EXERCISE INPUT Block Start

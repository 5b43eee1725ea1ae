-- ===== src/Fairness/Controller.antt =====
-- The APAF controller (`fairness_apaf_next_state`) as a state machine over TIGHT, MEDIUM and LOOSE.
use mathlib.Core.Path.{subst}
use approximation_computing.Common.{
  ◌+◌, ◌*◌, ◌≤◌, ◌<◌, ◌≡◌, ◌↔◌, ◌⊎◌, refl, arith, ℤ, pos_part, neg_part, ◌≤ℤ◌, ◌<ℤ◌,
}
use approximation_computing.Double.{Double, one, run_double}
use approximation_computing.Task.{apaf_tight, apaf_medium, apaf_loose}
use approximation_computing.Fairness.{
  fairness_apaf_next_state, jain_loose_to_medium, jain_medium_to_tight, jain_medium_to_loose,
  jain_tight_to_medium,
}

-- The four thresholds in order, and far enough apart: in thousandths of 1.0, by at least 39 and 49.
pub record IsSpread : Type 0 where
  pub low : (neg_part jain_medium_to_tight ≡ 0) × (neg_part jain_loose_to_medium ≡ 0)
  pub high : (neg_part jain_tight_to_medium ≡ 0) × (neg_part jain_medium_to_loose ≡ 0)
  pub first : pos_part jain_medium_to_tight < pos_part jain_loose_to_medium
  pub second : pos_part jain_loose_to_medium < pos_part jain_tight_to_medium
  pub third : pos_part jain_tight_to_medium < pos_part jain_medium_to_loose
  pub top : pos_part jain_medium_to_loose < one
  pub bottom : 0 < pos_part jain_medium_to_tight
  pub loose_gap :
      1000 * pos_part jain_loose_to_medium + 39 * one ≤ 1000 * pos_part jain_medium_to_loose
  pub tight_gap :
      1000 * pos_part jain_medium_to_tight + 49 * one ≤ 1000 * pos_part jain_tight_to_medium

thresholds : IsSpread
unfolding run_double
thresholds = record {
  low = (refl, refl);
  high = (refl, refl);
  first = omega arith;
  second = omega arith;
  third = omega arith;
  top = omega arith;
  bottom = omega arith;
  loose_gap = omega arith;
  tight_gap = omega arith;
}

abbrev pub IsState : ℤ → Type 0
IsState s = (s ≡ apaf_tight) ⊎ ((s ≡ apaf_medium) ⊎ (s ≡ apaf_loose))

-- The diagram of the controller: the moves between neighbours, each with its threshold, and the
-- three ways to stay.
pub data Move (s : ℤ) (j : Double) (s' : ℤ) : Type 0 where
  relax_tight : s ≡ apaf_tight → jain_tight_to_medium <ℤ j → s' ≡ apaf_medium → Move s j s'
  stay_tight : s ≡ apaf_tight → j ≤ℤ jain_tight_to_medium → s' ≡ apaf_tight → Move s j s'
  tighten_medium : s ≡ apaf_medium → j <ℤ jain_medium_to_tight → s' ≡ apaf_tight → Move s j s'
  relax_medium : s ≡ apaf_medium → jain_medium_to_loose <ℤ j → s' ≡ apaf_loose → Move s j s'
  stay_medium :
      s ≡ apaf_medium
      → jain_medium_to_tight ≤ℤ j
      → j ≤ℤ jain_medium_to_loose
      → s' ≡ apaf_medium
      → Move s j s'
  tighten_loose : s ≡ apaf_loose → j <ℤ jain_loose_to_medium → s' ≡ apaf_medium → Move s j s'
  stay_loose : s ≡ apaf_loose → jain_loose_to_medium ≤ℤ j → s' ≡ apaf_loose → Move s j s'

ruleset moves =
    (relax_tight, stay_tight, tighten_medium, relax_medium, stay_medium, tighten_loose, stay_loose)

next_state_moves : (s : ℤ) (j : Double) → IsState s → Move s j (fairness_apaf_next_state s j)
unfolding fairness_apaf_next_state
next_state_moves s j h = grind (arith, thresholds, moves)

Move-next : {s : ℤ} {j : Double} {s' : ℤ} → Move s j s' → fairness_apaf_next_state s j ≡ s'
unfolding fairness_apaf_next_state
Move-next (relax_tight a b c) = ground (arith, thresholds)
Move-next (stay_tight a b c) = ground (arith, thresholds)
Move-next (tighten_medium a b c) = ground (arith, thresholds)
Move-next (relax_medium a b c) = ground (arith, thresholds)
Move-next (stay_medium a b d c) = ground (arith, thresholds)
Move-next (tighten_loose a b c) = ground (arith, thresholds)
Move-next (stay_loose a b c) = ground (arith, thresholds)

pub next_state-Move :
    (s : ℤ) (j : Double) (s' : ℤ) → IsState s → (fairness_apaf_next_state s j ≡ s') ↔ Move s j s'
next_state-Move s j s' h = (λ e. subst (Move s j) e (next_state_moves s j h), Move-next)

-- A move ends in a state that is the old one or its neighbour: no level is skipped.
pub next-IsState :
    (s : ℤ) (j : Double)
    → IsState s
    → let s' = fairness_apaf_next_state s j in
      IsState s' × (pos_part s' ≤ pos_part s + 1) × (pos_part s ≤ pos_part s' + 1)
unfolding fairness_apaf_next_state
next-IsState s j h = ground arith

-- Held at one index, the controller comes to rest after at most two rounds, from whatever state.
pub next_state-settles :
    (s : ℤ) (j : Double)
    → let next = λ (q : ℤ). fairness_apaf_next_state q j in next (next (next s)) ≡ next (next s)
unfolding fairness_apaf_next_state
next_state-settles s j = ground (arith, thresholds)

EXERCISE INPUT Block End

# WHAT TO WORK ON
The entries above should be repeated exactly, every one of them.

# RESULT
repository 5b43eee1725ea1ae
-- ===== src/Fairness/Controller.antt =====
-- The APAF controller (`fairness_apaf_next_state`) as a state machine over TIGHT, MEDIUM and LOOSE.
use mathlib.Core.Path.{subst}
use approximation_computing.Common.{
  ◌+◌, ◌*◌, ◌≤◌, ◌<◌, ◌≡◌, ◌↔◌, ◌⊎◌, refl, arith, ℤ, pos_part, neg_part, ◌≤ℤ◌, ◌<ℤ◌,
}
use approximation_computing.Double.{Double, one, run_double}
use approximation_computing.Task.{apaf_tight, apaf_medium, apaf_loose}
use approximation_computing.Fairness.{
  fairness_apaf_next_state, jain_loose_to_medium, jain_medium_to_tight, jain_medium_to_loose,
  jain_tight_to_medium,
}

-- The four thresholds in order, and far enough apart: in thousandths of 1.0, by at least 39 and 49.
pub record IsSpread : Type 0 where
  pub low : (neg_part jain_medium_to_tight ≡ 0) × (neg_part jain_loose_to_medium ≡ 0)
  pub high : (neg_part jain_tight_to_medium ≡ 0) × (neg_part jain_medium_to_loose ≡ 0)
  pub first : pos_part jain_medium_to_tight < pos_part jain_loose_to_medium
  pub second : pos_part jain_loose_to_medium < pos_part jain_tight_to_medium
  pub third : pos_part jain_tight_to_medium < pos_part jain_medium_to_loose
  pub top : pos_part jain_medium_to_loose < one
  pub bottom : 0 < pos_part jain_medium_to_tight
  pub loose_gap :
      1000 * pos_part jain_loose_to_medium + 39 * one ≤ 1000 * pos_part jain_medium_to_loose
  pub tight_gap :
      1000 * pos_part jain_medium_to_tight + 49 * one ≤ 1000 * pos_part jain_tight_to_medium

thresholds : IsSpread
unfolding run_double
thresholds = record {
  low = (refl, refl);
  high = (refl, refl);
  first = omega arith;
  second = omega arith;
  third = omega arith;
  top = omega arith;
  bottom = omega arith;
  loose_gap = omega arith;
  tight_gap = omega arith;
}

abbrev pub IsState : ℤ → Type 0
IsState s = (s ≡ apaf_tight) ⊎ ((s ≡ apaf_medium) ⊎ (s ≡ apaf_loose))

-- The diagram of the controller: the moves between neighbours, each with its threshold, and the
-- three ways to stay.
pub data Move (s : ℤ) (j : Double) (s' : ℤ) : Type 0 where
  relax_tight : s ≡ apaf_tight → jain_tight_to_medium <ℤ j → s' ≡ apaf_medium → Move s j s'
  stay_tight : s ≡ apaf_tight → j ≤ℤ jain_tight_to_medium → s' ≡ apaf_tight → Move s j s'
  tighten_medium : s ≡ apaf_medium → j <ℤ jain_medium_to_tight → s' ≡ apaf_tight → Move s j s'
  relax_medium : s ≡ apaf_medium → jain_medium_to_loose <ℤ j → s' ≡ apaf_loose → Move s j s'
  stay_medium :
      s ≡ apaf_medium
      → jain_medium_to_tight ≤ℤ j
      → j ≤ℤ jain_medium_to_loose
      → s' ≡ apaf_medium
      → Move s j s'
  tighten_loose : s ≡ apaf_loose → j <ℤ jain_loose_to_medium → s' ≡ apaf_medium → Move s j s'
  stay_loose : s ≡ apaf_loose → jain_loose_to_medium ≤ℤ j → s' ≡ apaf_loose → Move s j s'

ruleset moves =
    (relax_tight, stay_tight, tighten_medium, relax_medium, stay_medium, tighten_loose, stay_loose)

next_state_moves : (s : ℤ) (j : Double) → IsState s → Move s j (fairness_apaf_next_state s j)
unfolding fairness_apaf_next_state
next_state_moves s j h = grind (arith, thresholds, moves)

Move-next : {s : ℤ} {j : Double} {s' : ℤ} → Move s j s' → fairness_apaf_next_state s j ≡ s'
unfolding fairness_apaf_next_state
Move-next (relax_tight a b c) = ground (arith, thresholds)
Move-next (stay_tight a b c) = ground (arith, thresholds)
Move-next (tighten_medium a b c) = ground (arith, thresholds)
Move-next (relax_medium a b c) = ground (arith, thresholds)
Move-next (stay_medium a b d c) = ground (arith, thresholds)
Move-next (tighten_loose a b c) = ground (arith, thresholds)
Move-next (stay_loose a b c) = ground (arith, thresholds)

pub next_state-Move :
    (s : ℤ) (j : Double) (s' : ℤ) → IsState s → (fairness_apaf_next_state s j ≡ s') ↔ Move s j s'
next_state-Move s j s' h = (λ e. subst (Move s j) e (next_state_moves s j h), Move-next)

-- A move ends in a state that is the old one or its neighbour: no level is skipped.
pub next-IsState :
    (s : ℤ) (j : Double)
    → IsState s
    → let s' = fairness_apaf_next_state s j in
      IsState s' × (pos_part s' ≤ pos_part s + 1) × (pos_part s ≤ pos_part s' + 1)
unfolding fairness_apaf_next_state
next-IsState s j h = ground arith

-- Held at one index, the controller comes to rest after at most two rounds, from whatever state.
pub next_state-settles :
    (s : ℤ) (j : Double)
    → let next = λ (q : ℤ). fairness_apaf_next_state q j in next (next (next s)) ≡ next (next s)
unfolding fairness_apaf_next_state
next_state-settles s j = ground (arith, thresholds)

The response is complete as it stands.